Title: Decline in activities of daily living in the rarer dementias
Authors: Taylor, Beatrice; Mohamud, Suraya; Brotherhood, Emilie; Harding, Emma; Waddington, Claire; Camic, Paul M; Alexander, Daniel; Crutch, Sebastian; Stott, Joshua; Hardy, Chris; Oxtoby, Neil P
Contributors: UK Research and Innovation; National Brain Appeal; Economic and Social Research Council; Wellcome Trust; ESRC; Royal National Institute for Deaf People-Dunhill Medical Trust Pauline Ashley; London Hospitals Biomedical Research Centre; Bloomsbury and East London Doctoral Training Partnership; National Institute for Health Research
Source: General Psychiatry ; volume 38, issue 3, page e101905 ; ISSN 2517-729X
Publisher Information: BMJ
Publication Year: 2025
Description: Rarer dementias are associated with atypical symptoms and younger onset, which result in a higher burden of care.

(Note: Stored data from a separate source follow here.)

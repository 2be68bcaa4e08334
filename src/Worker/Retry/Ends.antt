-- ===== src/Worker/Retry/Ends.antt =====
-- When `_retry_call` of src/openlinker/runtime/worker.py returns, what it returns, and how long it waits.
use openlinker_python.Prelude.{
  ℕ, zero, suc, ◌≤◌, ◌<◌, ◌≡◌, refl, true, false, ◌⊎◌, inl, inr, List, [], ◌∷◌, none, some, arith,
  length, ◌∙◌, Option-cases, Bool-cases, ◌||◌, Bool, if◌then◌else◌,
}
use openlinker_python.Worker.Retry.{
  Ending, value, cancelled, failed, Turn, RetryOptions, Step, ends, wait, take_turn, retry_turns,
  retry_call, after_failure, switches, is_stopped, retry_delay, is_due, is_assignment_terminal,
  not_initialized,
}
use openlinker_python.Worker.Policy.{
  Failure, policy_recovery, protocol_or_store, remote, connection_closed, other,
  is_runtime_policy_recovery_signal, fatal_error,
}

below_suc :
    (P : ℕ → Type 0) (n : ℕ) → P 0 → ((k : ℕ) → k < n → P (suc k)) → (k : ℕ) → k < suc n → P k
below_suc P n first later zero h = first
below_suc P n first later (suc k) h = later k (omega arith)

pub Ending-cases :
    {A : Type 0} (e : Ending A)
    → (((a : A) × (e ≡ value a)) ⊎ (e ≡ cancelled)) ⊎ ((f : Failure) × (e ≡ failed f))
Ending-cases (value a) = inl (inl (a, refl))
Ending-cases cancelled = inl (inr refl)
Ending-cases (failed f) = inr (f, refl)

pub Step-cases :
    {A : Type 0} (s : Step A)
    → ((e : Ending A) × (s ≡ ends e)) ⊎ ((d : ℕ) × (n : ℕ) × (s ≡ wait d n))
Step-cases (ends e) = inl (e, refl)
Step-cases (wait d n) = inr (d, n, refl)

signal-fatal : (f : Failure) → is_runtime_policy_recovery_signal f ≡ true → fatal_error f ≡ true
unfolding fatal_error is_runtime_policy_recovery_signal
signal-fatal policy_recovery h = refl
signal-fatal (protocol_or_store e) h = refl
signal-fatal (remote status code message) h = ground arith
signal-fatal (connection_closed received itself) h = ground arith
signal-fatal (other t) h = ground arith

module _ {A : Type 0} where
  -- no transport switch is seen after the call of a turn
  pub record IsSteady (t : Turn A) : Type 0 where
    pub not_transitioning : t.transitioning ≡ false
    pub same_transport : t.transport_then ≡ t.transport

  -- the end of the handler of a failure
  give_up-ends :
      (f : Failure) (final due : Bool) (delay next : ℕ) (e : Ending A)
      → (if final then ends (failed f) else if due then ends (failed f) else wait delay next)
        ≡ ends e
      → (e ≡ failed f) × ((final || due) ≡ true)
  give_up-ends f final due delay next e h = ground arith

  module _ (o : RetryOptions) where
    -- what a failure may get out of the loop for
    pub IsFinal : Turn A → Failure → Type 0
    IsFinal t f =
        (fatal_error f ≡ true)
        ⊎ (is_assignment_terminal f ≡ true)
        ⊎ (is_due o.deadline t.now ≡ true)

    -- Why a run may end at a turn, and with what.
    pub IsReason : Turn A → Ending A → Type 0
    IsReason t (value a) = (is_stopped o t ≡ false) × (t.answer ≡ value a)
    IsReason t cancelled = (is_stopped o t ≡ true) ⊎ (t.answer ≡ cancelled)
    IsReason t (failed f) =
        (is_stopped o t ≡ false)
        × ((f ≡ not_initialized) × ((t.transport ≡ none) ⊎ (t.transport_then ≡ none))
            ⊎ (t.answer ≡ failed f) × IsFinal t f)

    -- The call of a turn failed, with no policy signal.
    pub IsTransient : Turn A → Type 0
    IsTransient t =
        (f : Failure) × (t.answer ≡ failed f) × (is_runtime_policy_recovery_signal f ≡ false)

    switches-steady :
        (t : Turn A) (before : ℕ)
        → IsSteady t
        → t.transport ≡ some before
        → switches o t before ≡ some false
    unfolding switches
    switches-steady t before steady e =
        let f = steady.not_transitioning in
        let g : t.transport_then ≡ some before = steady.same_transport ∙ e in ground arith

    take_turn-due :
        (t : Turn A) (attempt delay next : ℕ)
        → IsSteady t
        → is_due o.deadline t.now ≡ true
        → take_turn o t attempt ≡ wait delay next
        → ⊥
    unfolding take_turn after_failure
    take_turn-due t attempt delay next steady due h = elim (Option-cases t.transport) [
      | inl e ↦ ground arith
      | inr (before, e) ↦ let no_switch = switches-steady t before steady e in ground arith
    ]

    retry_turns-due :
        (n : ℕ) (turns : ℕ → Turn A) (fuel attempt : ℕ)
        → n < fuel
        → IsSteady (turns n)
        → is_due o.deadline (turns n).now ≡ true
        → (e : Ending A) × (delays : List ℕ) × (retry_turns o fuel turns attempt ≡ some (e, delays))
          × (length delays ≤ n)
    unfolding retry_turns
    retry_turns-due n turns zero attempt h steady due = absurd (omega arith)
    retry_turns-due zero turns (suc fuel) attempt h steady due =
        elim (Step-cases (take_turn o (turns 0) attempt)) [
          | inl (e, q) ↦ (e, [], ground arith, omega arith)
          | inr (delay, next, q) ↦ absurd (take_turn-due _ attempt delay next steady due q)
        ]
    retry_turns-due (suc n) turns (suc fuel) attempt h steady due =
        elim (Step-cases (take_turn o (turns 0) attempt)) [
          | inl (e, q) ↦ (e, [], ground arith, omega arith)
          | inr (delay, next, q) ↦
              let (e, delays, r, l) =
                retry_turns-due n (λ k. turns (suc k)) fuel next (omega arith) steady due in
              (e, delay ∷ delays, ground arith, omega arith)
        ]

    -- A call that got a deadline returns: where some turn finds it past and no switch of the transport,
    -- there are at most as many delays as turns before it.
    pub retry_call-due :
        (n : ℕ) (turns : ℕ → Turn A) (fuel : ℕ)
        → n < fuel
        → IsSteady (turns n)
        → is_due o.deadline (turns n).now ≡ true
        → (e : Ending A) × (delays : List ℕ) × (retry_call o fuel turns ≡ some (e, delays))
          × (length delays ≤ n)
    unfolding retry_call
    retry_call-due n turns fuel = retry_turns-due n turns fuel 0

    switches-none : (t : Turn A) (before : ℕ) → switches o t before ≡ none → t.transport_then ≡ none
    unfolding switches
    switches-none t before h = ground arith

    IsFinal-intro :
        (t : Turn A) (f : Failure)
        → (fatal_error f || is_assignment_terminal f || is_due o.deadline t.now) ≡ true
        → IsFinal t f
    unfolding IsFinal
    IsFinal-intro t f h = ground arith

    after_failure-ends :
        (t : Turn A) (before : ℕ) (f : Failure) (attempt : ℕ) (e : Ending A)
        → after_failure o t before f attempt ≡ ends e
        → (t.transport_then ≡ none) × (e ≡ failed not_initialized) ⊎ (e ≡ failed f) × IsFinal t f
    unfolding after_failure
    after_failure-ends t before f attempt e h =
        elim (Bool-cases (is_runtime_policy_recovery_signal f)) [
          | inl s ↦ inr (ground arith, IsFinal-intro t f (ground (arith, signal-fatal f s)))
          | inr n ↦ elim (Option-cases (switches o t before)) [
            | inl q ↦ inl (switches-none t before q, ground arith)
            | inr (true, q) ↦ absurd (ground arith)
            | inr (false, q) ↦
                let (same, final) =
                  give_up-ends f (fatal_error f || is_assignment_terminal f)
                    (is_due o.deadline t.now)
                    (retry_delay t.retry_minimum t.retry_maximum t.uniform attempt) (suc attempt) e
                    (ground arith) in
                inr (same, IsFinal-intro t f (ground arith))
          ]
        ]

    after_failure-wait :
        (t : Turn A) (before : ℕ) (f : Failure) (attempt delay next : ℕ)
        → after_failure o t before f attempt ≡ wait delay next
        → is_runtime_policy_recovery_signal f ≡ false
    unfolding after_failure
    after_failure-wait t before f attempt delay next h = ground arith

    take_turn-IsReason :
        (t : Turn A) (attempt : ℕ) (e : Ending A) → take_turn o t attempt ≡ ends e → IsReason t e
    unfolding take_turn
    take_turn-IsReason t attempt e h = elim (Bool-cases (is_stopped o t)) [
      | inl s ↦ let q : cancelled ≡ e = ground arith in rw (← q) (unfold IsReason in inl s)
      | inr n ↦ elim (Option-cases t.transport) [
        | inl q ↦
            let r : failed not_initialized ≡ e = ground arith in
            rw (← r) (unfold IsReason in (n, inl (refl, inl q)))
        | inr (before, q) ↦ elim (Ending-cases t.answer) [
          | inl (inl (a, r)) ↦
              let u : value a ≡ e = ground arith in rw (← u) (unfold IsReason in (n, r))
          | inl (inr r) ↦
              let u : cancelled ≡ e = ground arith in rw (← u) (unfold IsReason in inr r)
          | inr (f, r) ↦ elim (after_failure-ends t before f attempt e (ground arith)) [
            | inl (q', u) ↦ rw u (unfold IsReason in (n, inl (refl, inr q')))
            | inr (u, final) ↦ rw u (unfold IsReason in (n, inr (r, final)))
          ]
        ]
      ]
    ]

    take_turn-IsTransient :
        (t : Turn A) (attempt delay next : ℕ)
        → take_turn o t attempt ≡ wait delay next
        → IsTransient t
    unfolding take_turn IsTransient
    take_turn-IsTransient t attempt delay next h = elim (Ending-cases t.answer) [
      | inl q ↦ absurd (ground arith)
      | inr (f, q) ↦ elim (Option-cases t.transport) [
        | inl e ↦ absurd (ground arith)
        | inr (b, e) ↦ (f, q, after_failure-wait t b f attempt delay next (ground arith))
      ]
    ]

    retry_turns-ends :
        (fuel : ℕ) (turns : ℕ → Turn A) (attempt : ℕ) (e : Ending A) (delays : List ℕ)
        → retry_turns o fuel turns attempt ≡ some (e, delays)
        → IsReason (turns (length delays)) e × ((k : ℕ) → k < length delays → IsTransient (turns k))
    unfolding retry_turns
    retry_turns-ends zero turns attempt e delays h = absurd (ground arith)
    retry_turns-ends (suc fuel) turns attempt e delays h =
        elim (Step-cases (take_turn o (turns 0) attempt)) [
          | inl (e', q) ↦
              let same : e' ≡ e = ground arith in
              let none_yet : [] ≡ delays = ground arith in
              rw (← none_yet, ← same)
                (take_turn-IsReason (turns 0) attempt e' q, λ k l. absurd (omega arith))
          | inr (delay, next, q) ↦
              elim (Option-cases (retry_turns o fuel (λ k. turns (suc k)) next)) [
                | inl r ↦ absurd (ground arith)
                | inr ((e', rest), r) ↦
                    let same : e' ≡ e = ground arith in
                    let longer : delay ∷ rest ≡ delays = ground arith in
                    let (reason, before) =
                      retry_turns-ends fuel (λ k. turns (suc k)) next e' rest r in
                    rw (← longer, ← same)
                      (
                        reason,
                        below_suc (λ k. IsTransient (turns k)) (length rest)
                            (take_turn-IsTransient (turns 0) attempt delay next q) before,
                      )
              ]
        ]

    -- A run that returns made one delay for each turn whose call failed with no policy signal, and ends
    -- with the value of a call, with a cancellation, because the worker has no transport, or with an
    -- exception that is fatal, ends the assignment or comes at its deadline.
    pub retry_call-ends :
        (fuel : ℕ) (turns : ℕ → Turn A) (e : Ending A) (delays : List ℕ)
        → retry_call o fuel turns ≡ some (e, delays)
        → IsReason (turns (length delays)) e × ((k : ℕ) → k < length delays → IsTransient (turns k))
    unfolding retry_call
    retry_call-ends fuel turns = retry_turns-ends fuel turns 0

We provide a review of the global literature on longitudinal decline in activities of daily living (ADLs) in dementias that account for less than 10% of dementia diagnoses. Published studies were identified through searches conducted in Medical Literature Analysis and Retrieval System Online (MEDLINE), Excerpta Medica Database (Embase), Excerpta Medica Care (Emcare), PsycINFO, and Cumulative Index in Nursing and Allied Health Literature (CINAHL). The search criteria included terms related to ‘rarer dementias’, ‘activities of daily living’ and ‘longitudinal or cross-sectional studies’ following a predefined protocol registered. Studies were screened, and those that met the criteria were citation searched. Quality assessments were performed, and relevant data were extracted. 20 articles were selected, of which 19 focused on dementias within the frontotemporal dementia/primary progressive aphasia spectrum, while one addressed posterior cortical atrophy. Four studies were cross-sectional and 16 studies were longitudinal, with a median duration of 2.2 years. The Disability Assessment for Dementia was used to measure decline in 8 of the 20 studies. The varied sequences of ADL decline reported in the literature reflect variation in diagnostic specificity between studies and within-syndrome heterogeneity. Most studies used Alzheimer’s disease staging scales to measure decline, which cannot capture variant-specific symptoms. To enhance care provision in dementia, ADL scales could be deployed postdiagnosis to aid treatment and planning. This necessitates staging scales that are variant-specific and span the disease course from diagnosis to end of life. PROSPERO registration number: CRD42021283302.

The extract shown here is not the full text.